_EXERCISE DETAILS_:
If a line in the records below contains the word "next", copy it.

━━━ SUPPLIED RECORDS ━━━

-- ===== src/Server/Forward.antt =====
-- The forwarding of media from one client to another (`ForwardMedia` and `ForwardMediaMsg` of
-- Src/Server/Server.cpp).
use p2pchat.Prelude.{
  ℕ, ◌^◌, ◌<◌, ◌≤◌, ◌≡◌, ap, some, List, [], ◌∷◌, ◌++◌, length, length-append, arith,
}
use p2pchat.Outcome.{Outcome, ok}
use p2pchat.IniFile.{AString}
use p2pchat.ByteBuffer.VarInt.Groups.{groups, groups_shape}
use p2pchat.Session.{ClientHandle, string, var_int32}
use p2pchat.Session.Packets.{IsReady, fields_bytes, payload, frame, packet-Delivered}
use p2pchat.Session.Sent.{Sent, Delivered-Sent}
use p2pchat.Session.Sending.{forward_media, forward_media_msg}
use p2pchat.Server.{Server, find_client, server_forward_media, server_forward_media_msg}
use p2pchat.Server.Delivery.{put, first_with-put}

-- The one client has been sent the bytes, and nothing else has changed.
pub record Forwarded (id : ℕ) (bytes : List ℕ) (c : ClientHandle) (s : Server)
    (r : Outcome (Unit {0}) × Server) : Type 0 where
  pub receiver : ClientHandle
  pub sent : Sent bytes c receiver
  pub result : r ≡ (ok tt, record s { clients = put id receiver s.clients })

media_fits :
    (a b : ℕ)
    → a < 2 ^ 32
    → b < 2 ^ 32
    → length (payload 0x11 (var_int32 a ∷ var_int32 b ∷ [])) ≤ 65536
media_fits a b ha hb = omega (
  arith,
  length-append (groups 4 0x11) (fields_bytes (var_int32 a ∷ var_int32 b ∷ [])),
  length-append (groups 4 a) (fields_bytes (var_int32 b ∷ [])),
  length-append (groups 4 b) [],
  groups_shape 4 0x11 (omega arith),
  groups_shape 4 a (omega arith),
  groups_shape 4 b (omega arith),
)

msg_fits :
    (a : ℕ) (s : AString)
    → a < 2 ^ 32
    → length s ≤ 65000
    → length (payload 0x12 (var_int32 a ∷ string s ∷ [])) ≤ 65536
msg_fits a s ha hs = omega (
  arith,
  length-append (groups 4 0x12) (fields_bytes (var_int32 a ∷ string s ∷ [])),
  length-append (groups 4 a) (fields_bytes (string s ∷ [])),
  length-append (groups 4 (length s) ++ s) [],
  length-append (groups 4 (length s)) s,
  groups_shape 4 0x12 (omega arith),
  groups_shape 4 a (omega arith),
  groups_shape 4 (length s) (omega arith),
)

pub forward_media-Sent :
    (from_id type : ℕ) (c : ClientHandle)
    → IsReady c
    → from_id < 2 ^ 32
    → type < 2 ^ 32
    → ((forward_media from_id type c).0 ≡ ok tt)
      × Sent
          (frame (payload 0x11 (var_int32 from_id ∷ var_int32 type ∷ [])))
          c
          (forward_media from_id type c).1
unfolding forward_media
forward_media-Sent from_id type c ready hf ht = Delivered-Sent c _ (forward_media from_id type c) (
    packet-Delivered c 0x11 (var_int32 from_id ∷ var_int32 type ∷ []) ready (omega arith)
      (hf, (ht, tt)) (media_fits from_id type hf ht))

pub forward_media_msg-Sent :
    (from_id : ℕ) (msg : AString) (c : ClientHandle)
    → IsReady c
    → from_id < 2 ^ 32
    → length msg ≤ 65000
    → ((forward_media_msg from_id msg c).0 ≡ ok tt)
      × Sent
          (frame (payload 0x12 (var_int32 from_id ∷ string msg ∷ [])))
          c
          (forward_media_msg from_id msg c).1
unfolding forward_media_msg
forward_media_msg-Sent from_id msg c ready hf hm =
    Delivered-Sent c _ (forward_media_msg from_id msg c) (
      packet-Delivered c 0x12 (var_int32 from_id ∷ string msg ∷ []) ready (omega arith)
        (hf, (omega (arith, hm), tt)) (msg_fits from_id msg hf hm))

-- A media request with a type and a sender below 2^32 is queued for the first client with the number
-- that it names, whose buffers for packets are empty, as one packet with the sender's number and the
-- type, unless that client has been sent its disconnect; no other client changes.
pub server_forward_media-Forwarded :
    (to_id from_id type : ℕ) (s : Server) (c : ClientHandle)
    → find_client to_id s.clients ≡ some c
    → IsReady c
    → from_id < 2 ^ 32
    → type < 2 ^ 32
    → Forwarded to_id
        (frame (payload 0x11 (var_int32 from_id ∷ var_int32 type ∷ [])))
        c
        s
        (server_forward_media to_id from_id type s)
unfolding server_forward_media
server_forward_media-Forwarded to_id from_id type s c found ready hf ht =
    let (answer, sent) = forward_media-Sent from_id type c ready hf ht in
    record {
      receiver = (forward_media from_id type c).1;
      sent = sent;
      result = rw (first_with-put to_id (forward_media from_id type) s.clients c found) (
          ap (λ r. (r, record s { clients = put to_id (forward_media from_id type c).1 s.clients }))
            answer);
    }

-- A text of up to 65,000 bytes from a sender below 2^32 is queued for the first client with the number
-- that it names, whose buffers for packets are empty, as one packet with the sender's number and the
-- text, unless that client has been sent its disconnect; no other client changes.
pub server_forward_media_msg-Forwarded :
    (to_id from_id : ℕ) (msg : AString) (s : Server) (c : ClientHandle)
    → find_client to_id s.clients ≡ some c
    → IsReady c
    → from_id < 2 ^ 32
    → length msg ≤ 65000
    → Forwarded to_id
        (frame (payload 0x12 (var_int32 from_id ∷ string msg ∷ [])))
        c
        s
        (server_forward_media_msg to_id from_id msg s)
unfolding server_forward_media_msg
server_forward_media_msg-Forwarded to_id from_id msg s c found ready hf hm =
    let (answer, sent) = forward_media_msg-Sent from_id msg c ready hf hm in
    record {
      receiver = (forward_media_msg from_id msg c).1;
      sent = sent;
      result = rw (first_with-put to_id (forward_media_msg from_id msg) s.clients c found) (
          ap
            (λ r.
              (r, record s { clients = put to_id (forward_media_msg from_id msg c).1 s.clients }))
            answer);
    }
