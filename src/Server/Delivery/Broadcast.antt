-- ===== src/Server/Delivery/Broadcast.antt =====
-- `BroadcastUserInfo` of Src/Server/Server.cpp.
use p2pchat.Prelude.{
  ℕ, ◌≡◌, ◌≢◌, refl, ◌∙◌, ap, subst, Bool, true, false, ◌==◌, some, Bool-cases, inl, inr, List, [],
  ◌∷◌, arith, All, if◌then◌else◌, leb,
}
use p2pchat.Outcome.{Outcome, ok, modify}
use p2pchat.Session.{ClientHandle, rank}
use p2pchat.Session.Packets.{IsReady}
use p2pchat.Session.Sent.{
  Sent, Sent-trans, Sent-nil, Sent-core, IsFit, Sent-IsFit, info, send_user_info-Sent,
}
use p2pchat.Session.Cores.{Core, core}
use p2pchat.Session.Sending.{send_user_info}
use p2pchat.Server.{
  Server, find_client, first_with, Spread, spread_on, answer_back, broadcast_loop, is_logged_in,
  broadcast_user_info,
}
use p2pchat.Server.Clients.{found-unique_id}
use p2pchat.Server.Delivery.{found-All, put, infos, Told, none_left, passed, sent, resume-ok}

-- What a broadcast of a session leaves of its client and of the others.
pub record Spreads (k : Core) (who : ClientHandle) (cs : List ClientHandle)
    (r : Outcome (Unit {0}) × Spread) : Type 0 where
  pub who' : ClientHandle
  pub others : List ClientHandle
  pub result : r ≡ (ok tt, (who', others))
  pub told : Told k.unique_id (info k) cs others
  pub answered : Sent (if leb 1 (rank k.state) then infos k.unique_id cs else []) who who'

eq→≡ : (a b : ℕ) → (a == b) ≡ true → a ≡ b
eq→≡ a b e = ground arith

eq→≢ : (a b : ℕ) → (a == b) ≡ false → a ≢ b
eq→≢ a b e = ground arith

nil-Sent : (b : Bool) (who : ClientHandle) → IsReady who → Sent (if b then [] else []) who who
nil-Sent true who ready = Sent-nil who ready
nil-Sent false who ready = Sent-nil who ready

-- A client that is passed over.
skip-Spreads :
    (k : Core) (who c : ClientHandle) (cs : List ClientHandle) (r : Outcome (Unit {0}) × Spread)
    → (c.unique_id == k.unique_id) ≡ true
    → Spreads k who cs r
    → Spreads k who (c ∷ cs) (spread_on c r)
skip-Spreads k who c cs r e rest = record {
  who' = rest.who';
  others = c ∷ rest.others;
  result = ap (spread_on c) rest.result;
  told = passed c cs rest.others (eq→≡ c.unique_id k.unique_id e) rest.told;
  answered = rw e rest.answered;
}

-- A client that is told, and answers if `who` has logged in.
told-Spreads :
    (k : Core) (who c c' : ClientHandle) (cs : List ClientHandle)
    → core who ≡ k
    → (c.unique_id == k.unique_id) ≡ false
    → IsFit who
    → IsFit c
    → Sent (info k) c c'
    → ((w : ClientHandle) → core w ≡ k → IsFit w → Spreads k w cs (broadcast_loop w cs))
    → Spreads k who (c ∷ cs) (answer_back who c' cs (λ w. broadcast_loop w cs))
unfolding answer_back is_logged_in
told-Spreads k who c c' cs same apart fit fit' s next = elim (Bool-cases (leb 1 (rank k.state))) [
  | inl e ↦
      let here : leb 1 (rank who.state) ≡ true = ap (λ x. leb 1 (rank x.state)) same ∙ e in
      let (answer, back) = send_user_info-Sent c' who (Sent-IsFit _ c c' s fit') fit.ready in
      let who'' : ClientHandle = (send_user_info c' who).1 in
      let rest = next who'' (Sent-core _ who who'' back ∙ same) (Sent-IsFit _ who who'' back fit) in
      record {
        who' = rest.who';
        others = c' ∷ rest.others;
        result =
            rw here (resume-ok (send_user_info c' who) _ _ answer ∙ ap (spread_on c') rest.result);
        told = sent c c' cs rest.others (eq→≢ c.unique_id k.unique_id apart) s rest.told;
        answered =
            rw (e, apart)
              (Sent-trans (info (core c)) (infos k.unique_id cs) who who'' rest.who'
                (subst (λ x. Sent (info x) who who'') (Sent-core _ c c' s) back)
                (subst (λ b. Sent (if b then infos k.unique_id cs else []) who'' rest.who') e
                  rest.answered));
      }
  | inr e ↦
      let here : leb 1 (rank who.state) ≡ false = ap (λ x. leb 1 (rank x.state)) same ∙ e in
      let rest = next who same fit in
      record {
        who' = rest.who';
        others = c' ∷ rest.others;
        result = rw here (ap (spread_on c') rest.result);
        told = sent c c' cs rest.others (eq→≢ c.unique_id k.unique_id apart) s rest.told;
        answered = rw e (
            subst (λ b. Sent (if b then infos k.unique_id cs else []) who rest.who') e
              rest.answered);
      }
]

broadcast_loop-Spreads :
    (k : Core) (who : ClientHandle) (cs : List ClientHandle)
    → core who ≡ k
    → IsFit who
    → All IsFit cs
    → Spreads k who cs (broadcast_loop who cs)
unfolding broadcast_loop
broadcast_loop-Spreads k who [] same fit fits = record {
  who' = who;
  others = [];
  result = refl;
  told = none_left;
  answered = nil-Sent (leb 1 (rank k.state)) who fit.ready;
}
broadcast_loop-Spreads k who (c ∷ cs) same fit (h, hs) =
    elim (Bool-cases (c.unique_id == k.unique_id)) [
      | inl e ↦
          let here : (c.unique_id == who.unique_id) ≡ true =
            ap (λ x. c.unique_id == x.unique_id) same ∙ e in
          rw here (
            skip-Spreads k who c cs (broadcast_loop who cs) e
              (broadcast_loop-Spreads k who cs same fit hs))
      | inr e ↦
          let here : (c.unique_id == who.unique_id) ≡ false =
            ap (λ x. c.unique_id == x.unique_id) same ∙ e in
          let (answer, s) = send_user_info-Sent who c fit h.ready in
          rw
            (
              here,
              resume-ok (send_user_info who c)
                  (λ c'. answer_back who c' cs (λ w. broadcast_loop w cs)) (λ c'. (who, c' ∷ cs))
                  answer,
            )
            (told-Spreads k who c (send_user_info who c).1 cs same e fit h
              (subst (λ x. Sent (info x) c (send_user_info who c).1) same s)
              (λ w same' fit'. broadcast_loop-Spreads k w cs same' fit' hs))
    ]

first_with-put_back :
    (id : ℕ) (who : ClientHandle) (cs : List ClientHandle)
    → (first_with id (modify (λ _. who)) cs).1 ≡ put id who cs
unfolding first_with
first_with-put_back id who [] = refl
first_with-put_back id who (c ∷ cs) = elim (Bool-cases (c.unique_id == id)) [
  | inl e ↦ rw e refl
  | inr e ↦ rw e (ap (λ cs'. c ∷ cs') (first_with-put_back id who cs))
]

-- What `BroadcastUserInfo` leaves of the server.
pub record Broadcast (id : ℕ) (who : ClientHandle) (s : Server) (r : Outcome (Unit {0}) × Server)
    : Type 0 where
  pub who' : ClientHandle
  pub others : List ClientHandle
  pub told : Told id (info (core who)) s.clients others
  pub answered : Sent (if leb 1 (rank who.state) then infos id s.clients else []) who who'
  pub result : r ≡ (ok tt, record s { clients = put id who' others })

-- Where every packet can be sent to every client, a broadcast of the client that is found succeeds:
-- for every client with another number the client's number, name and state are queued, as one packet;
-- for the client itself, when it is authenticating or further, the same of every other one, in the order
-- of the list; for a client that has been sent its disconnect, nothing is queued; and nothing else
-- changes but the memory of the buffers for packets.
pub broadcast_user_info_lem :
    (id : ℕ) (s : Server) (who : ClientHandle)
    → find_client id s.clients ≡ some who
    → All IsFit s.clients
    → Broadcast id who s (broadcast_user_info id s)
unfolding broadcast_user_info
broadcast_user_info_lem id s who found fits =
    let spread =
      broadcast_loop-Spreads (core who) who s.clients refl
        (found-All IsFit id s.clients who fits found) fits in
    let number : who.unique_id ≡ id = found-unique_id id s.clients who found in
    let number' : spread.who'.unique_id ≡ id =
      ap (λ k. k.unique_id) (Sent-core _ who spread.who' spread.answered) ∙ number in
    record {
      who' = spread.who';
      others = spread.others;
      told = subst (λ n. Told n (info (core who)) s.clients spread.others) number spread.told;
      answered =
          subst
            (λ n. Sent (if leb 1 (rank who.state) then infos n s.clients else []) who spread.who')
            number spread.answered;
      result =
          rw (found, broadcast_user_info, spread.result)
            (ap (λ cs. (ok tt, record s { clients = cs }))
              (first_with-put_back spread.who'.unique_id spread.who' spread.others
                ∙ ap (λ n. put n spread.who' spread.others) number'));
    }
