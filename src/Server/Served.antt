-- ===== src/Server/Served.antt =====
-- Calls that succeed on clients to which every packet can be sent, and leave them so
-- (Src/Server/ClientHandle.cpp, Src/Server/Server.cpp).
pub mod Rounds
use p2pchat.Prelude.{
  ℕ, ◌+◌, ◌≤◌, ◌≡◌, refl, sym, ◌∙◌, ap, subst, ◌==◌, none, Bool-cases, Option-cases, inl, inr, List,
  [], ◌∷◌, length, length-append, replicate, arith, All, ℤ, InBits, pos,
}
use p2pchat.Outcome.{Outcome, ok, fail, undefined, exited, stuck, Reader, ◌>>◌, continue, modify}
use p2pchat.IniFile.{AString}
use p2pchat.Session.{ClientHandle, rank, authenticating, authenticated, packet}
use p2pchat.Session.Packets.{IsReady, payload, packet-Delivered}
use p2pchat.ByteBuffer.VarInt.Groups.{groups, groups_shape}
use p2pchat.Session.Sent.{Delivered-Sent, IsFit, Sent-IsFit}
use p2pchat.Session.Disconnect.{send_disconnect_lem, continue-modify}
use p2pchat.Session.Sending.{
  kick, send_disconnect, send_login_success, set_protocol_state, already_login,
}
use p2pchat.Server.{
  User, Server, find_client, first_with, each_with, on_client, behind, kick_user,
  is_player_in_queue, broadcast_user_info, let_in, authenticate_client, authenticate_user,
}
use p2pchat.Server.Delivery.Broadcast.{broadcast_user_info_lem}
use p2pchat.Server.Delivery.{Told, none_left, passed, sent, put, found-All, resume-ok}
use p2pchat.Server.Events.{authenticates, answer_user, auth_from_db_poll, execute_round, step, run}

-- A call that succeeds on such a client, and leaves it such a one.
abbrev pub Suits : Reader ClientHandle (Unit {0}) → Type 0
Suits call = (c : ClientHandle) → IsFit c → ((call c).0 ≡ ok tt) × IsFit (call c).1

first_with-Suits :
    (id : ℕ) (call : Reader ClientHandle (Unit {0})) (cs : List ClientHandle)
    → Suits call
    → All IsFit cs
    → ((first_with id call cs).0 ≡ ok tt) × All IsFit (first_with id call cs).1
unfolding first_with
first_with-Suits id call [] suits fits = (refl, tt)
first_with-Suits id call (c ∷ cs) suits (h, hs) = elim (Bool-cases (c.unique_id == id)) [
  | inl e ↦ rw e (let (answer, fit) = suits c h in (answer, (fit, hs)))
  | inr e ↦ rw e (let (answer, rest) = first_with-Suits id call cs suits hs in (answer, (h, rest)))
]

each_with-Suits :
    (id : ℕ) (call : Reader ClientHandle (Unit {0})) (cs : List ClientHandle)
    → Suits call
    → All IsFit cs
    → ((each_with id call cs).0 ≡ ok tt) × All IsFit (each_with id call cs).1
unfolding each_with
each_with-Suits id call [] suits fits = (refl, tt)
each_with-Suits id call (c ∷ cs) suits (h, hs) =
    let (answer, rest) = each_with-Suits id call cs suits hs in
    elim (Bool-cases (c.unique_id == id)) [
      | inl e ↦
          let (here, fit) = suits c h in
          rw (e, resume-ok (call c) (λ c'. behind c' (each_with id call cs)) (λ c'. c' ∷ cs) here)
            (answer, (fit, rest))
      | inr e ↦ rw e (answer, (h, rest))
    ]

-- The clients, and the names that wait.
pub record AreFit (s : Server) : Type 0 where
  pub clients : All IsFit s.clients
  pub queue : All (λ u. length u.username ≤ 65000) s.queue

-- A call that succeeds on such a server, leaves it such a one, and the queue alone.
pub record Serves (s : Server) (r : Outcome (Unit {0}) × Server) : Type 0 where
  pub answer : r.0 ≡ ok tt
  pub fit : AreFit r.1
  pub queue : r.1.queue ≡ s.queue

pub continue-Serves :
    (s : Server) (r : Outcome (Unit {0}) × Server) (k : Reader Server (Unit {0}))
    → Serves s r
    → ((s' : Server) → AreFit s' → Serves s' (k s'))
    → Serves s (continue r (λ _. k))
continue-Serves s (ok _, s') k h g =
    let t = g s' h.fit in record { answer = t.answer; fit = t.fit; queue = t.queue ∙ h.queue }
continue-Serves s (fail, s') k h g = let e = h.answer in cc
continue-Serves s (undefined, s') k h g = let e = h.answer in cc
continue-Serves s (exited, s') k h g = let e = h.answer in cc
continue-Serves s (stuck, s') k h g = let e = h.answer in cc

pub on_client-Serves :
    (id : ℕ) (call : Reader ClientHandle (Unit {0})) (s : Server)
    → Suits call
    → AreFit s
    → Serves s (on_client id call s)
on_client-Serves id call s suits fit =
    let (answer, fits) = first_with-Suits id call s.clients suits fit.clients in
    record { answer = answer; fit = record { clients = fits; queue = fit.queue }; queue = refl }

pub send_disconnect-Suits : (reason : ℤ) → InBits 32 reason → Suits (send_disconnect reason)
send_disconnect-Suits reason h c fit =
    let d = send_disconnect_lem reason c fit.ready h in
    let told = Sent-IsFit _ c d.told d.goodbye_sent fit in
    (
      ap (λ r. r.0) d.result,
      subst (λ r. IsFit r.1) (sym d.result)
          (record {
            ready = record { out = told.ready.out; len = told.ready.len };
            named = told.named;
            numbered = told.numbered;
          }),
    )

pub kick_user-Serves :
    (id : ℕ) (reason : ℤ) (s : Server)
    → InBits 32 reason
    → AreFit s
    → Serves s (kick_user id reason s)
unfolding kick_user kick
kick_user-Serves id reason s h fit =
    let (answer, fits) =
      each_with-Suits id (send_disconnect reason) s.clients (send_disconnect-Suits reason h)
        fit.clients in
    record { answer = answer; fit = record { clients = fits; queue = fit.queue }; queue = refl }
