-- ===== src/Server/Stream.antt =====
-- What a working client sends (Src/Server/Protocol/cProtocol_impl.cpp): its requests, their packets,
-- and what they mean.
pub mod Serve
pub mod Received
use p2pchat.Prelude.{
  ℕ, ◌+◌, ◌^◌, ◌<◌, ◌≤◌, ◌≡◌, refl, ◌∙◌, ap, Bool, true, ◌==◌, some, List, [], ◌∷◌, ◌++◌, map,
  length, length-append, append_assoc, All, arith, Bool-cases, inl, inr,
}
use p2pchat.Outcome.{Outcome, ok, fail, undefined, exited, stuck, Reader, pure, ◌>>=◌, modify}
use p2pchat.IniFile.{AString}
use p2pchat.ByteBuffer.{ByteBuffer}
use p2pchat.ByteBuffer.Valid.{IsValid, view, readable_space_lem}
use p2pchat.ByteBuffer.Read.{moved}
use p2pchat.ByteBuffer.Codec.{Codec, moved_front-IsValid, moved_front-rest}
use p2pchat.ByteBuffer.VarInt.{read_var_int32}
use p2pchat.ByteBuffer.VarInt.Groups.{groups, groups_shape}
use p2pchat.ByteBuffer.VarInt.Codecs.{var_int32-Codec}
use p2pchat.ByteBuffer.Strings.Codecs.{string-Codec, string_bytes}
use p2pchat.Framing.Frames.{IsPacket, Waits}
use p2pchat.Framing.Short.{IsPartial}
use p2pchat.Framing.Stream.{Packet, IsSendable, frames, Handles, act_all, add_received_data-frames}
use p2pchat.Session.{ClientHandle}
use p2pchat.Session.Sending.{
  forward_media, forward_media_msg, handle_keep_alive, packet_error, packet_buffer_full,
}
use p2pchat.Session.Cores.{forward_media-Same, forward_media_msg-Same, keep_alive-Same}
use p2pchat.Session.Sent.{Sent-IsFit}
use p2pchat.Server.{Server, find_client, on_client, server_forward_media, server_forward_media_msg}
use p2pchat.Framing.Reads.{handle_read, handled}
use p2pchat.Server.Handlers.{
  handle_packet, dispatch, read_media, read_media_msg, handle_packet_keep_alive,
  handle_packet_media, handle_packet_media_msg,
}
use p2pchat.Server.Clients.{cores, first_with-Same, found-same}
use p2pchat.Server.Served.{AreFit, Suits, Serves, on_client-Serves}
use p2pchat.Server.Forward.{forward_media-Sent, forward_media_msg-Sent}
use p2pchat.Server.Events.{data_received, keep_received, set_received_data}

-- The requests of a client that has logged in.
pub data Request : Type 0 where
  keep_alive : ℕ → Request
  media : ℕ → ℕ → Request
  media_msg : ℕ → AString → Request

abbrev pub request_packet : Request → Packet
request_packet (keep_alive n) = (0x00, groups 4 n)
request_packet (media to_id type) = (0x11, groups 4 to_id ++ groups 4 type)
request_packet (media_msg to_id msg) = (0x12, groups 4 to_id ++ string_bytes msg)

abbrev pub IsRequest : Request → Type 0
IsRequest (keep_alive n) = n < 2 ^ 32
IsRequest (media to_id type) = (to_id < 2 ^ 32) × (type < 2 ^ 32)
IsRequest (media_msg to_id msg) = (to_id < 2 ^ 32) × (length msg ≤ 65000)

-- What a request of a client means.
abbrev pub serve : ℕ → ℕ → Request → Reader Server (Unit {0})
serve now id (keep_alive n) = on_client id (modify (handle_keep_alive now n))
serve now id (media to_id type) = server_forward_media to_id id type
serve now id (media_msg to_id msg) = server_forward_media_msg to_id id msg

abbrev pub serve_all : ℕ → ℕ → List Request → Server → Server
serve_all now id [] s = s
serve_all now id (q ∷ qs) s = serve_all now id qs (serve now id q s).1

━━━

_RESULT OF THIS EXERCISE_:
told-Spreads k who c c' cs same apart fit fit' s next = elim (Bool-cases (leb 1 (rank k.state))) [
      let rest = next who'' (Sent-core _ who who'' back ∙ same) (Sent-IsFit _ who who'' back fit) in
      let rest = next who same fit in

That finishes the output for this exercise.